Google DeepMind's latest AI system, AlphaGeometry2, has made significant progress in solving geometric problems, surpassing the average gold medalist in the International Mathematics Olympics (IMO) competition. This breakthrough achievement not only demonstrates the potential of AI in the field of mathematics, but also provides a new direction for the development of general AI.
AlphaGeometry2, the latest AI system launched by Google DeepMind Research Lab, excelled in solving geometric problems, surpassing the average gold medalist in the International Mathematics Olympics (IMO) competition. The system is considered an improved version of AlphaGeometry, and researchers say AlphaGeometry2 can solve 84% of geometric problems in IMO over the past 25 years.
Why does DeepMind focus on such high school mathematics competitions? They believe that finding new ways to solve complex geometric problems, especially Euclidean geometry, may be the key to improving AI capabilities. Proving why mathematical theorems or explanation theorems (such as Pythagorean theorem) holds requires logical reasoning and the ability to select multiple possible steps. If DeepMind's theory holds true, these problem-solving capabilities will be very important for future general AI models.

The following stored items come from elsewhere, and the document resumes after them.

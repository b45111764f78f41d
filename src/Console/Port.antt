-- ===== src/Console/Port.antt =====
-- The ports of a console. (device/virtio-console/src/port.rs)
use virtio_device_poc.Base.{
  ℕ, ◌+◌, Bool, true, false, ◌&&◌, Option, none, some, List, [], ◌∷◌, if◌then◌else◌,
}

-- `input` and `output` say whether the option is `Some`; a name is its bytes.
pub data PortDescription : Type 0 where
  console : Bool → Bool → PortDescription
  input_pipe output_pipe : List ℕ → PortDescription

pub record Port : Type 0 where
  pub port_id : ℕ
  pub name : List ℕ
  pub represents_console : Bool
  pub input : Bool
  pub output : Bool

-- `Port::new`; `none` is the panic of a console without an input or an output.
unfoldable pub new_port : ℕ → PortDescription → Option Port
new_port port_id (console input output) =
    if input && output
    then some (record {
      port_id = port_id;
      name = [];
      represents_console = true;
      input = true;
      output = true;
    })
    else none
new_port port_id (input_pipe name) = some (record {
  port_id = port_id;
  name = name;
  represents_console = false;
  input = true;
  output = false;
})
new_port port_id (output_pipe name) = some (record {
  port_id = port_id;
  name = name;
  represents_console = false;
  input = false;
  output = true;
})

-- The ports of the descriptions, numbered from `port_id` on.
unfoldable pub new_ports : ℕ → List PortDescription → Option (List Port)
unfolding new_port
new_ports port_id [] = some []
new_ports port_id (d ∷ ds) =
    let rest = new_ports (port_id + 1) ds in
    elim (new_port port_id d) [
      | none ↦ none
      | some port ↦ elim rest [ none ↦ none | some ports ↦ some (port ∷ ports) ]
    ]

This summer, DeepMind demonstrated a system that combines AlphaGeometry2 with the mathematical reasoning AI model AlphaProof, which solved four of the six problems of the 2024 IMO. In addition to geometric problems, this approach can be extended to other mathematical and scientific fields, such as complex engineering calculations.
The core components of AlphaGeometry2 include a language model from the Google Gemini series and a "symbol engine". The Gemini model helps the symbolic engine deduce feasible solutions to problems through mathematical rules. Geometric problems with IMO are usually based on figures that need to be added with "constructed", such as points, lines, or circles. AlphaGeometry2's Gemini model can predict which constructs may be helpful in solving problems.
It is worth noting that when solving the IMO problem, AlphaGeometry2 uses more than 300 million theorems and proof synthetic data generated by DeepMind itself for training. The research team selected 45 geometric problems for IMO over the past 25 years and expanded them to form a set of 50 problems. AlphaGeometry2 successfully solved 42 of them, surpassing the average score of the gold medalist.
However, AlphaGeometry2 still has some limitations, such as it cannot solve problems with variable number points, nonlinear equations, and inequality. Nevertheless, this study has sparked a discussion about whether AI systems should be based on symbolic operations or neural networks. AlphaGeometry2 adopts a hybrid approach that combines neural networks and rules-based symbolic engines.
The success of AlphaGeometry2 provides a new direction for the future development of general-purpose AI. Although not yet fully self-sufficient, research by the DeepMind team shows that more self-sufficient AI models may be available in the future.
Paper entrance: https://arxiv.org/pdf/2502.03544
Key points:
AlphaGeometry2 is able to solve 84% of geometric problems in IMO over the past 25 years, surpassing the average score of gold medalists.
The system combines neural networks and symbol engines to solve complex mathematical problems using a hybrid approach.
DeepMind hopes to promote research progress on more powerful general AI by solving geometric problems.
The success of AlphaGeometry2 not only demonstrates the potential of AI in the field of mathematics, but also provides a new direction for the development of general AI. In the future, with the continuous advancement of technology, AI will show strong capabilities in more fields.